▶ DATASET:
---

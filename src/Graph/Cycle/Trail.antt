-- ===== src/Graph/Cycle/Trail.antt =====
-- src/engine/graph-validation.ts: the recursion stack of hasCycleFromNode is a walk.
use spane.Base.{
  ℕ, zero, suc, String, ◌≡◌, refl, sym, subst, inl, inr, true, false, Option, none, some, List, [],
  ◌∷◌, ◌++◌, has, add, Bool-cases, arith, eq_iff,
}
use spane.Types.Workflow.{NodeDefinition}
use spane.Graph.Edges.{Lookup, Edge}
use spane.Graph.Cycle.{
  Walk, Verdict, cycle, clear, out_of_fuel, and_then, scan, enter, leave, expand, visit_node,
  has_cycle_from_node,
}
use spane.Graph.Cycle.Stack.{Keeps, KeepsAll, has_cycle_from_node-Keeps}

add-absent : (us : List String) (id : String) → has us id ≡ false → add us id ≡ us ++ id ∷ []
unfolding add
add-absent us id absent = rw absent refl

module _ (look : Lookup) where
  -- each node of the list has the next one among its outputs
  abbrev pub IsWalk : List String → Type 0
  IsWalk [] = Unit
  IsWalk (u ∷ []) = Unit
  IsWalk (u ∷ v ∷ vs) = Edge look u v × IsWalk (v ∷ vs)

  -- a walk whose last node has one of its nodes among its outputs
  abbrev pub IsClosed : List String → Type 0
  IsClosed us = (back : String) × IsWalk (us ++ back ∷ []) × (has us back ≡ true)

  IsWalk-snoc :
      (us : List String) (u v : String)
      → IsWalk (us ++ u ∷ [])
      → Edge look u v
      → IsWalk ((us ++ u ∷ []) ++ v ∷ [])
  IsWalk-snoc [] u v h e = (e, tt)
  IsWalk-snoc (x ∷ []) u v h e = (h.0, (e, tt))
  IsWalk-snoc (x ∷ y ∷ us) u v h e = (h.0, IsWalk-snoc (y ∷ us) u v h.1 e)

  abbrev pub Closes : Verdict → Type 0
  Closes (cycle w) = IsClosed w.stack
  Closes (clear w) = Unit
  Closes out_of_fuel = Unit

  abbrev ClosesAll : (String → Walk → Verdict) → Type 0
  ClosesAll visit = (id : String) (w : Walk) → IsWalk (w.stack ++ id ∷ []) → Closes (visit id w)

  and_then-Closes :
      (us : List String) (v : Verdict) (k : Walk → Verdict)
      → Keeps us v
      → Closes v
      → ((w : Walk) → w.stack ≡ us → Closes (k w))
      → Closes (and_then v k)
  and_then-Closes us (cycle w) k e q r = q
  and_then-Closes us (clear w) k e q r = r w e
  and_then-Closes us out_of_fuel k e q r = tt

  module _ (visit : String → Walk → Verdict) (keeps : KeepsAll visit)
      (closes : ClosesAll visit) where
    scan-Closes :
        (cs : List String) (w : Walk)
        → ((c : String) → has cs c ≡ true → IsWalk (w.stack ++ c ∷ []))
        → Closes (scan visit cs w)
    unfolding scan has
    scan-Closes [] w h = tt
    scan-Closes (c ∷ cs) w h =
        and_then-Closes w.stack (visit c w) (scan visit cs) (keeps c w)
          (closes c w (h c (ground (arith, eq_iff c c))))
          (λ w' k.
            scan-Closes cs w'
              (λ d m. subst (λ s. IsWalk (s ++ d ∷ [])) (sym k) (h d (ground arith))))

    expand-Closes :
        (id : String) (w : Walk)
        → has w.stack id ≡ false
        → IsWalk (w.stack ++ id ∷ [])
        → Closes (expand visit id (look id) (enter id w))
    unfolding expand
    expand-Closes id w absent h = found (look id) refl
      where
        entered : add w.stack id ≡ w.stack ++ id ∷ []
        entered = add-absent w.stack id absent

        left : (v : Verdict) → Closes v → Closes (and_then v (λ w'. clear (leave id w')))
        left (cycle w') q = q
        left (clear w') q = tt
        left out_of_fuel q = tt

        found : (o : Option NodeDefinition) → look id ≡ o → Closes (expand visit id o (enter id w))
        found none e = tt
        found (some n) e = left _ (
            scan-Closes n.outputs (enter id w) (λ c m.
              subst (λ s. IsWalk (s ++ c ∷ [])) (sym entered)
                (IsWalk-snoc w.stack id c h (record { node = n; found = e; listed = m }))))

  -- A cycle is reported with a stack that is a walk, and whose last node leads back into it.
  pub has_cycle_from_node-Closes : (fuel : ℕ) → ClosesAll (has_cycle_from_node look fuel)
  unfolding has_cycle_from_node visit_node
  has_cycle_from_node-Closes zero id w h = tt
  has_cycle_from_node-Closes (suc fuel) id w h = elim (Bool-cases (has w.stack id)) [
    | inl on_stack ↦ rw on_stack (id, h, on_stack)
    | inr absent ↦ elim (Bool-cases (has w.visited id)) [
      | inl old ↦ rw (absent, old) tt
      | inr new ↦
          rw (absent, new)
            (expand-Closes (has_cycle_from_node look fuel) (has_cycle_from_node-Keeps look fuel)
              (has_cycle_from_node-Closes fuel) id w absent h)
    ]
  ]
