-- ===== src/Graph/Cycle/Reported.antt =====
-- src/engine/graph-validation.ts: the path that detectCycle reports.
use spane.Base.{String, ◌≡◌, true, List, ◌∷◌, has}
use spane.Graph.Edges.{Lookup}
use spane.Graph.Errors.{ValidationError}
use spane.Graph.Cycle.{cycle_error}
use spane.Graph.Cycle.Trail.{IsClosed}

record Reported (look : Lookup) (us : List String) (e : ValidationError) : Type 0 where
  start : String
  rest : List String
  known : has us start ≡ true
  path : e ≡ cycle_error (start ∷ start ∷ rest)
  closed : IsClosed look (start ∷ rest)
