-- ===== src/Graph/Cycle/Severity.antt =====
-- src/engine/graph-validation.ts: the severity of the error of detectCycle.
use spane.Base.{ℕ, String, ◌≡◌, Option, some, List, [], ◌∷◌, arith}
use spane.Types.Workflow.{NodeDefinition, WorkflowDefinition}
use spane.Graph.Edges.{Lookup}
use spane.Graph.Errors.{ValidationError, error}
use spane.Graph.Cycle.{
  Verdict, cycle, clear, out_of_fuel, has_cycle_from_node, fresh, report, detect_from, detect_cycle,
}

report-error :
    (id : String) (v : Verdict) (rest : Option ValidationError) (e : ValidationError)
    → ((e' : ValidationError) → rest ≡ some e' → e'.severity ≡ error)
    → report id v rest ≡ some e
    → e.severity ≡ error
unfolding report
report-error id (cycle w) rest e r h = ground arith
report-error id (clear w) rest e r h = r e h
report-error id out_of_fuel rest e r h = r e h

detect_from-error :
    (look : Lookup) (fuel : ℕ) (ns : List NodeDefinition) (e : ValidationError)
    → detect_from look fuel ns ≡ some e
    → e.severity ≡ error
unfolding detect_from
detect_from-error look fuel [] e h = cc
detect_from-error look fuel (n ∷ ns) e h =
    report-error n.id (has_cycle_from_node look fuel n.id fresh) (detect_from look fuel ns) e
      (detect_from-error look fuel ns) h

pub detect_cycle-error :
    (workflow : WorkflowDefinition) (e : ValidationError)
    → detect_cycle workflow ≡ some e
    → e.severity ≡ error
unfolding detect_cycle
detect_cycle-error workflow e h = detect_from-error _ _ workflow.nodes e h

---

▶ TRY IT:
From the records above, quote only the lines running from the line with "module _ (look : Lookup) where" to the line with "(and_then v k)", both lines included.

▶ ANSWER TO THE PROBLEM:
module _ (look : Lookup) where
  -- each node of the list has the next one among its outputs
  abbrev pub IsWalk : List String → Type 0
  IsWalk [] = Unit
  IsWalk (u ∷ []) = Unit
  IsWalk (u ∷ v ∷ vs) = Edge look u v × IsWalk (v ∷ vs)

  -- a walk whose last node has one of its nodes among its outputs
  abbrev pub IsClosed : List String → Type 0
  IsClosed us = (back : String) × IsWalk (us ++ back ∷ []) × (has us back ≡ true)

  IsWalk-snoc :
      (us : List String) (u v : String)
      → IsWalk (us ++ u ∷ [])
      → Edge look u v
      → IsWalk ((us ++ u ∷ []) ++ v ∷ [])
  IsWalk-snoc [] u v h e = (e, tt)
  IsWalk-snoc (x ∷ []) u v h e = (h.0, (e, tt))
  IsWalk-snoc (x ∷ y ∷ us) u v h e = (h.0, IsWalk-snoc (y ∷ us) u v h.1 e)

  abbrev pub Closes : Verdict → Type 0
  Closes (cycle w) = IsClosed w.stack
  Closes (clear w) = Unit
  Closes out_of_fuel = Unit

  abbrev ClosesAll : (String → Walk → Verdict) → Type 0
  ClosesAll visit = (id : String) (w : Walk) → IsWalk (w.stack ++ id ∷ []) → Closes (visit id w)

  and_then-Closes :
      (us : List String) (v : Verdict) (k : Walk → Verdict)
      → Keeps us v
      → Closes v
      → ((w : Walk) → w.stack ≡ us → Closes (k w))
      → Closes (and_then v k)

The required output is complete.